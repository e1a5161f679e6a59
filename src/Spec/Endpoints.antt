-- ===== src/Spec/Endpoints.antt =====
-- `Endpoints`, `Endpoints.set` and `Endpoints.Get` of internal/spec/spec.go. The switch on the key
-- is `endpoint_key`; its cases are the constructors of `Key`.
use mathlib.Core.Bool.{false≢true}
use perplexity_proxy_go.Prelude.{
  Bool, true, false, ◌&&◌, ◌≡◌, ◌≢◌, refl, sym, ap, ◌∙◌, Bool-cases, inl, inr, List, [], ◌∷◌,
  Option, none, some, String, ◌==◌, eq_iff, if◌then◌else◌, arith,
}

pub record Endpoints : Type 0 where
  pub ask : String
  pub search_init : String
  pub upload : String
  pub rate_limits : String
  pub user_settings : String
  pub list_threads : String
  pub thread_detail : String
  pub credits : String
  pub auth_csrf : String
  pub auth_otp_redirect : String
  pub auth_signin_email : String
  pub auth_totp_verify : String

pub data Key : Type 0 where
  ask search_init upload rate_limits user_settings list_threads thread_detail credits : Key
  auth_csrf auth_otp_redirect auth_signin_email auth_totp_verify : Key

-- the text of a key's case
abbrev pub key_name : Key → String
key_name Key.ask = "ask"
key_name Key.search_init = "search_init"
key_name Key.upload = "upload"
key_name Key.rate_limits = "rate_limits"
key_name Key.user_settings = "user_settings"
key_name Key.list_threads = "list_threads"
key_name Key.thread_detail = "thread_detail"
key_name Key.credits = "credits"
key_name Key.auth_csrf = "auth_csrf"
key_name Key.auth_otp_redirect = "auth_otp_redirect"
key_name Key.auth_signin_email = "auth_signin_email"
key_name Key.auth_totp_verify = "auth_totp_verify"

abbrev keys : List Key
keys =
    Key.ask ∷ Key.search_init ∷ Key.upload ∷ Key.rate_limits ∷ Key.user_settings ∷ Key.list_threads
    ∷ Key.thread_detail ∷ Key.credits ∷ Key.auth_csrf ∷ Key.auth_otp_redirect
    ∷ Key.auth_signin_email ∷ Key.auth_totp_verify ∷ []

switch : String → List Key → Option Key
switch k [] = none
switch k (x ∷ xs) = if k == key_name x then some x else switch k xs

unfoldable pub endpoint_key : String → Option Key
unfolding switch
endpoint_key k = switch k keys

abbrev set_key : Key → String → Endpoints → Endpoints
set_key Key.ask v e = record e { ask = v }
set_key Key.search_init v e = record e { search_init = v }
set_key Key.upload v e = record e { upload = v }
set_key Key.rate_limits v e = record e { rate_limits = v }
set_key Key.user_settings v e = record e { user_settings = v }
set_key Key.list_threads v e = record e { list_threads = v }
set_key Key.thread_detail v e = record e { thread_detail = v }
set_key Key.credits v e = record e { credits = v }
set_key Key.auth_csrf v e = record e { auth_csrf = v }
set_key Key.auth_otp_redirect v e = record e { auth_otp_redirect = v }
set_key Key.auth_signin_email v e = record e { auth_signin_email = v }
set_key Key.auth_totp_verify v e = record e { auth_totp_verify = v }

abbrev get_key : Key → Endpoints → String
get_key Key.ask e = e.ask
get_key Key.search_init e = e.search_init
get_key Key.upload e = e.upload
get_key Key.rate_limits e = e.rate_limits
get_key Key.user_settings e = e.user_settings
get_key Key.list_threads e = e.list_threads
get_key Key.thread_detail e = e.thread_detail
get_key Key.credits e = e.credits
get_key Key.auth_csrf e = e.auth_csrf
get_key Key.auth_otp_redirect e = e.auth_otp_redirect
get_key Key.auth_signin_email e = e.auth_signin_email
get_key Key.auth_totp_verify e = e.auth_totp_verify

abbrev set_found : Option Key → String → Endpoints → Endpoints
set_found none v e = e
set_found (some k) v e = set_key k v e

abbrev get_found : Option Key → Endpoints → String
get_found none e = ""
get_found (some k) e = get_key k e

-- `Endpoints.set`
unfoldable pub set : String → String → Endpoints → Endpoints
set key v e = set_found (endpoint_key key) v e

-- `Endpoints.Get`
unfoldable pub get : Endpoints → String → String
get e key = get_found (endpoint_key key) e

abbrev is_known_key : Option Key → Bool
is_known_key none = false
is_known_key (some k) = true

-- Whether the switches have a case for the key.
unfoldable pub is_known : String → Bool
is_known k = is_known_key (endpoint_key k)

switch-name : (k : String) (xs : List Key) (x : Key) → switch k xs ≡ some x → k ≡ key_name x
unfolding switch
switch-name k [] x h = cc
switch-name k (y ∷ xs) x h = elim (Bool-cases (k == key_name y)) [
  | inl e ↦ let same : y ≡ x = ground arith in (eq_iff k (key_name y)).0 e ∙ ap key_name same
  | inr e ↦ switch-name k xs x (rw e at h)
]

get_key-set_key_self : (x : Key) (v : String) (e : Endpoints) → get_key x (set_key x v e) ≡ v
get_key-set_key_self Key.ask v e = refl
get_key-set_key_self _ v e = refl

get_key-set_key_ne :
    (x y : Key) (v : String) (e : Endpoints) → x ≢ y → get_key y (set_key x v e) ≡ get_key y e
get_key-set_key_ne Key.ask Key.ask v e h = absurd (h refl)
get_key-set_key_ne Key.search_init Key.search_init v e h = absurd (h refl)
get_key-set_key_ne Key.upload Key.upload v e h = absurd (h refl)
get_key-set_key_ne Key.rate_limits Key.rate_limits v e h = absurd (h refl)
get_key-set_key_ne Key.user_settings Key.user_settings v e h = absurd (h refl)
get_key-set_key_ne Key.list_threads Key.list_threads v e h = absurd (h refl)
get_key-set_key_ne Key.thread_detail Key.thread_detail v e h = absurd (h refl)
get_key-set_key_ne Key.credits Key.credits v e h = absurd (h refl)
get_key-set_key_ne Key.auth_csrf Key.auth_csrf v e h = absurd (h refl)
get_key-set_key_ne Key.auth_otp_redirect Key.auth_otp_redirect v e h = absurd (h refl)
get_key-set_key_ne Key.auth_signin_email Key.auth_signin_email v e h = absurd (h refl)
get_key-set_key_ne Key.auth_totp_verify Key.auth_totp_verify v e h = absurd (h refl)
get_key-set_key_ne _ _ v e h = refl

endpoint_key_name : (k : String) (x : Key) → endpoint_key k ≡ some x → k ≡ key_name x
unfolding endpoint_key
endpoint_key_name k x h = switch-name k keys x h

get_found-set_found_self :
    (o : Option Key) (v : String) (e : Endpoints)
    → get_found o (set_found o v e) ≡ (if is_known_key o then v else get_found o e)
get_found-set_found_self none v e = refl
get_found-set_found_self (some x) v e = get_key-set_key_self x v e

get_found-set_found_ne :
    (o p : Option Key) (v : String) (e : Endpoints)
    → ((x : Key) → o ≡ some x → p ≡ some x → ⊥)
    → get_found p (set_found o v e) ≡ get_found p e
get_found-set_found_ne none p v e h = refl
get_found-set_found_ne (some x) none v e h = refl
get_found-set_found_ne (some x) (some y) v e h =
    get_key-set_key_ne x y v e (λ (same : x ≡ y). h x refl (ap some (sym same)))

-- Reading an endpoint after a write gives the written path at a known key, and at every other key,
-- and after a write to an unknown key, what was there before.
pub get-set :
    (k j v : String) (e : Endpoints)
    → get (set k v e) j ≡ (if k == j && is_known k then v else get e j)
unfolding get set is_known
get-set k j v e = elim (Bool-cases (k == j)) [
  | inl same ↦ rw (same, ← (eq_iff k j).0 same) (get_found-set_found_self (endpoint_key k) v e)
  | inr differ ↦ rw differ (
      get_found-set_found_ne (endpoint_key k) (endpoint_key j) v e λ x p q.
        false≢true
          (sym differ ∙ (eq_iff k j).1 (endpoint_key_name k x p ∙ sym (endpoint_key_name j x q))))
]

set-ask : (v : String) (e : Endpoints) → set "ask" v e ≡ record e { ask = v }
unfolding set endpoint_key
set-ask v e = refl

is_known-ask : is_known "ask" ≡ true
unfolding is_known endpoint_key
is_known-ask = refl

pub get-ask : (e : Endpoints) → get e "ask" ≡ e.ask
unfolding get endpoint_key
get-ask e = refl

pub get-record_ask :
    (v : String) (e : Endpoints) (j : String)
    → get (record e { ask = v }) j ≡ (if "ask" == j then v else get e j)
get-record_ask v e j =
    rw (← set-ask v e, get-set, is_known-ask)
      (elim (Bool-cases ("ask" == j)) [ inl same ↦ rw same refl | inr differ ↦ rw differ refl ])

__Exercise brief__. Nothing should appear in the answer except the lines above from the line with "get-ask e = refl" through the line with "rw (← set-ask v e, get-set, is_known-ask)", both included, written out exactly.

__Expected answer__.
get-ask e = refl

pub get-record_ask :
    (v : String) (e : Endpoints) (j : String)
    → get (record e { ask = v }) j ≡ (if "ask" == j then v else get e j)
get-record_ask v e j =
    rw (← set-ask v e, get-set, is_known-ask)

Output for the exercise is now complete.